Banking on Mercy by Ann Sitarz
It only seemed natural that a man like him was dead.
Thieves and hot-heads always seem to be referred to in the past tense, anyway.
As the congregation passed his coffin, we kept the roses and tossed our to-do lists, on which his name remained married by a preposition to “reconcile,” onto his casket. The grass was cool and grayish green and matted to the ground, rising weakly to the dark slacks hula-hooping the ankles of a few dozen people he had collected during his fifty-five years. The path had all been cleared by now.
My father was a large man, and his casket appeared almost comically industrial sized. I had no idea how well it fit him, as a few weeks before he died he had written a note on looseleaf paper requesting that his funeral not include a wake and mailed it to my uncle, my mother’s brother. Not having spoken to him in five years, I wondered if he had known he was sick, or if it was merely loneliness that instigated thoughts about his funeral. Perhaps he looked forward to the chance to once again be surrounded by people who wouldn’t speak to him anymore in life, be surrounded by them and not have to apologize or redeem, entertain or beg. They would just come because somewhere along the line he had earned their affection. And few people are ever really angry enough to weigh injury against affection when deciding to attend a funeral. “I should go,” is the favorite phrase preceding the closet wide search for an all black outfit. I pictured him fantasizing about this comforting moment, banking on mercy, towards the end of his days.
Despite the litany of injuries he donated to me, I felt no need to recite them. My stomach writhed around a cumbersome, “I’m sorry.” He dribbled from the jaw of life in his rented room, landlady downstairs, through the stillness of an arrested heart, waiting to attend his court trial for stealing money from an old man he met at Church. Of all the things I could ever do for the world, could I ever be able to atone for the lonesome death of my father?
Somewhere along the line, our parents bequeath to us an obligatory invitation to join this life; but what does that really imply that they owe us, and we them? Somehow, I believe most people, if death trickles down in its right order, find themselves eventually standing on cool grass painted with cracks of mud as their fathers or mothers are buried, feeling their adulthood hanging loose upon them, like a father’s jacket upon his impish child. And while from objective angles they appear so well assembled, the awkwardness of such a burden feels painfully early. And just as reconciliation with him always seemed untimely, so did the idea that parents should ever die. At once, the cemetery ground seemed to conceal a field of buried cradles, a graveyard in which I seemed welcome.
When I began kindergarten, I became unduly sick, and eventually, after doctor and priest failed to bring relief, I received Last Rights. I lost a third of my body weight and could not keep down any food and was feverish for months. My father took off from work and drove me to Washington’s Crossing in New Jersey. Various rocks were labeled with plaques describing their significance to the war. However, I was too weak to walk around much, and he carried me to the cafeteria in a building dedicated to Washington Crossing history. He bought me a hamburger, ginger ale, and bag of sour cream and onion chips. I ate them in his car, which he drove up on the grass to face the river closely. “It’s nice to have the day off from school once in awhile, isn’t it?” he said. My fever throbbed in my ear drums and I vomited out my car door. When I finished, I crinkled the green potato chip bag and sat quietly in my seat, feeling I had disappointed him by being unable to keep my food down. When so many people so desperately hoped I would get well, I felt anxious to do so.

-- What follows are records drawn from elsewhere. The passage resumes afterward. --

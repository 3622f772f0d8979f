-- ===== src/Job/Notify.antt =====
-- core/bin/job/notify.rs: the jobs that the result or the event of a job asks for at other units.
use sysmaster.Base.{
  false, not, ◌||◌, ◌≡◌, refl, List, [], ◌∷◌, ◌++◌, Option, none, some, if◌then◌else◌, All, ◌⊎◌,
  inl, inr, Bool-cases, assert, ◌>>=◌, ◌>>◌, ◌==◌,
}
use sysmaster.Unit.Relation.AtomNames.{
  UnitRelationAtom, atom_eq, unit_atom_on_success, unit_atom_on_failure, unit_atom_after,
  unit_atom_retro_active_start_replace, unit_atom_retro_active_start_fail,
  unit_atom_retro_active_stop_on_start, unit_atom_retro_active_stop_on_stop,
  unit_atom_propagates_reload_to,
}
use sysmaster.Unit.Deps.{UnitId, DepTable, gets_atom, is_dep_atom_with}
use sysmaster.Job.Kind.{JobKind, start, stop, reload, try_reload, JobMode, replace, fail}

pub record JobConf : Type 0 where
  pub unit : UnitId
  pub kind : JobKind

abbrev configs : List UnitId → JobKind → List JobConf
configs [] kind = []
configs (other ∷ others) kind = record { unit = other; kind = kind } ∷ configs others kind

abbrev targets : List UnitId → JobKind → JobMode → List (JobConf × JobMode)
targets [] kind mode = []
targets (other ∷ others) kind mode =
    (record { unit = other; kind = kind }, mode) ∷ targets others kind mode

-- The loops that leave out a unit that `unit` is ordered after.
targets_unordered : DepTable → UnitId → List UnitId → JobMode → List (JobConf × JobMode)
targets_unordered t unit [] mode = []
targets_unordered t unit (other ∷ others) mode =
    let rest = targets_unordered t unit others mode in
    if not (is_dep_atom_with t unit unit_atom_after other)
    then (record { unit = other; kind = start }, mode) ∷ rest
    else rest

abbrev pub unwrap_or : Option JobMode → JobMode → JobMode
unwrap_or none m = m
unwrap_or (some x) m = x

unfoldable pub notify_result_start : DepTable → UnitId → UnitRelationAtom → Option (List JobConf)
notify_result_start t unit atom = do
  assert (atom == unit_atom_on_success || atom == unit_atom_on_failure)
  some (configs (gets_atom t unit atom) start)

abbrev with_mode : JobMode → List JobConf → Option (List JobConf × JobMode)
with_mode mode cs = some (cs, mode)

unfoldable pub job_notify_result :
    DepTable → UnitId → UnitRelationAtom → JobMode → Option (List JobConf × JobMode)
unfolding notify_result_start
job_notify_result t unit unit_atom_on_success mode = do
  cs ← notify_result_start t unit unit_atom_on_success
  with_mode mode cs
job_notify_result t unit unit_atom_on_failure mode = do
  cs ← notify_result_start t unit unit_atom_on_failure
  with_mode mode cs
job_notify_result t unit _ mode = none

unfoldable pub notify_event_start : DepTable → JobConf → Option JobMode → List (JobConf × JobMode)
unfolding targets_unordered
notify_event_start t config mode_option =
    targets_unordered t config.unit (gets_atom t config.unit unit_atom_retro_active_start_replace)
      (unwrap_or mode_option replace)
    ++ (targets_unordered t config.unit (gets_atom t config.unit unit_atom_retro_active_start_fail)
          (unwrap_or mode_option fail)
        ++ targets (gets_atom t config.unit unit_atom_retro_active_stop_on_start) stop
            (unwrap_or mode_option replace))

unfoldable pub notify_event_stop : DepTable → JobConf → Option JobMode → List (JobConf × JobMode)
notify_event_stop t config mode_option =
    targets (gets_atom t config.unit unit_atom_retro_active_stop_on_stop) stop
      (unwrap_or mode_option replace)

unfoldable pub notify_event_reload : DepTable → JobConf → Option JobMode → List (JobConf × JobMode)
notify_event_reload t config mode_option =
    targets (gets_atom t config.unit unit_atom_propagates_reload_to) try_reload
      (unwrap_or mode_option fail)

abbrev event_match :
    JobKind → DepTable → JobConf → Option JobMode → Option (List (JobConf × JobMode))
unfolding notify_event_start notify_event_stop notify_event_reload
event_match start t config m = some (notify_event_start t config m)
event_match stop t config m = some (notify_event_stop t config m)
event_match reload t config m = some (notify_event_reload t config m)
event_match _ t config m = none

unfoldable pub job_notify_event :
    DepTable → JobConf → Option JobMode → Option (List (JobConf × JobMode))
unfolding event_match
job_notify_event t config mode_option = event_match config.kind t config mode_option

-- A job that an event may ask for: it stops or reloads, or it starts a unit that this one is not
-- ordered after.
abbrev pub IsAllowed : DepTable → UnitId → JobConf × JobMode → Type 0
IsAllowed t unit c =
    (c.0.kind ≡ stop)
    ⊎ (c.0.kind ≡ try_reload)
    ⊎ (c.0.kind ≡ start × is_dep_atom_with t unit unit_atom_after c.0.unit ≡ false)

All-append {ℓ κ} :
    {A : Type ℓ} (P : A → Type κ) (xs ys : List A) → All P xs → All P ys → All P (xs ++ ys)
All-append P [] ys h k = k
All-append P (x ∷ xs) ys (p, h) k = (p, All-append P xs ys h k)

unordered-IsAllowed :
    (t : DepTable) (unit : UnitId) (os : List UnitId) (m : JobMode)
    → All (IsAllowed t unit) (targets_unordered t unit os m)
unfolding targets_unordered
unordered-IsAllowed t unit [] m = tt
unordered-IsAllowed t unit (o ∷ os) m =
    elim (Bool-cases (is_dep_atom_with t unit unit_atom_after o)) [
      | inl e ↦ rw e (unordered-IsAllowed t unit os m)
      | inr e ↦ rw e (inr (inr (refl, e)), unordered-IsAllowed t unit os m)
    ]

targets-IsAllowed :
    (t : DepTable) (unit : UnitId) (os : List UnitId) (k : JobKind) (m : JobMode)
    → (k ≡ stop) ⊎ (k ≡ try_reload)
    → All (IsAllowed t unit) (targets os k m)
targets-IsAllowed t unit [] k m h = tt
targets-IsAllowed t unit (o ∷ os) k m h =
    (elim h [ inl e ↦ inl e | inr e ↦ inr (inl e) ], targets-IsAllowed t unit os k m h)

event_start-IsAllowed :
    (t : DepTable) (config : JobConf) (m : Option JobMode)
    → All (IsAllowed t config.unit) (notify_event_start t config m)
unfolding notify_event_start
event_start-IsAllowed t config m =
    All-append (IsAllowed t config.unit) _ _
      (unordered-IsAllowed t config.unit
        (gets_atom t config.unit unit_atom_retro_active_start_replace) (unwrap_or m replace))
      (All-append (IsAllowed t config.unit) _ _
        (unordered-IsAllowed t config.unit
          (gets_atom t config.unit unit_atom_retro_active_start_fail) (unwrap_or m fail))
        (targets-IsAllowed t config.unit
          (gets_atom t config.unit unit_atom_retro_active_stop_on_start) stop (unwrap_or m replace)
          (inl refl)))

event-IsAllowed :
    (k : JobKind) (t : DepTable) (config : JobConf) (m : Option JobMode)
    → (k ≡ start) ⊎ (k ≡ stop) ⊎ (k ≡ reload)
    → (cs : List (JobConf × JobMode)) × (event_match k t config m ≡ some cs)
      × All (IsAllowed t config.unit) cs
unfolding event_match notify_event_stop notify_event_reload
event-IsAllowed start t config m h =
    (notify_event_start t config m, refl, event_start-IsAllowed t config m)
event-IsAllowed stop t config m h = (
  notify_event_stop t config m,
  refl,
  targets-IsAllowed t config.unit (gets_atom t config.unit unit_atom_retro_active_stop_on_stop) stop
      (unwrap_or m replace) (inl refl),
)
event-IsAllowed reload t config m h = (
  notify_event_reload t config m,
  refl,
  targets-IsAllowed t config.unit (gets_atom t config.unit unit_atom_propagates_reload_to)
      try_reload (unwrap_or m fail) (inr refl),
)
event-IsAllowed _ t config m h = elim h [ inl e ↦ cc | inr (inl e) ↦ cc | inr (inr e) ↦ cc ]

-- The event of a start, a stop or a reload does not panic, and whatever job it asks for at another
-- unit is a stop, a reload that is tried, or a start of a unit that the first is not ordered after.
pub job_notify_event_lem :
    (t : DepTable) (config : JobConf) (m : Option JobMode)
    → (config.kind ≡ start) ⊎ (config.kind ≡ stop) ⊎ (config.kind ≡ reload)
    → (cs : List (JobConf × JobMode)) × (job_notify_event t config m ≡ some cs)
      × All (IsAllowed t config.unit) cs
unfolding job_notify_event
job_notify_event_lem t config m h = event-IsAllowed config.kind t config m h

My father looked at me and pointed toward the river.“A long time ago, England owned America.” I knew this. “And George Washington led a revolution to free the Americans from the English, who weren’t being very nice to the Americans. It seemed like they were going to lose, and a lot of people gave up. But then George Washington had the idea to sneak up on them by crossing this river while the English were sleeping. Because of that, they won the war. That’s why this is called Washington’s Crossing.”
I looked at the river. The winter was giving way to spring and the water could have either been freezing or warm. Either way I remember it being blue, though it probably was a muddy shade of green, as it is every time I pass it now. I asked him if it had been cold when they crossed it.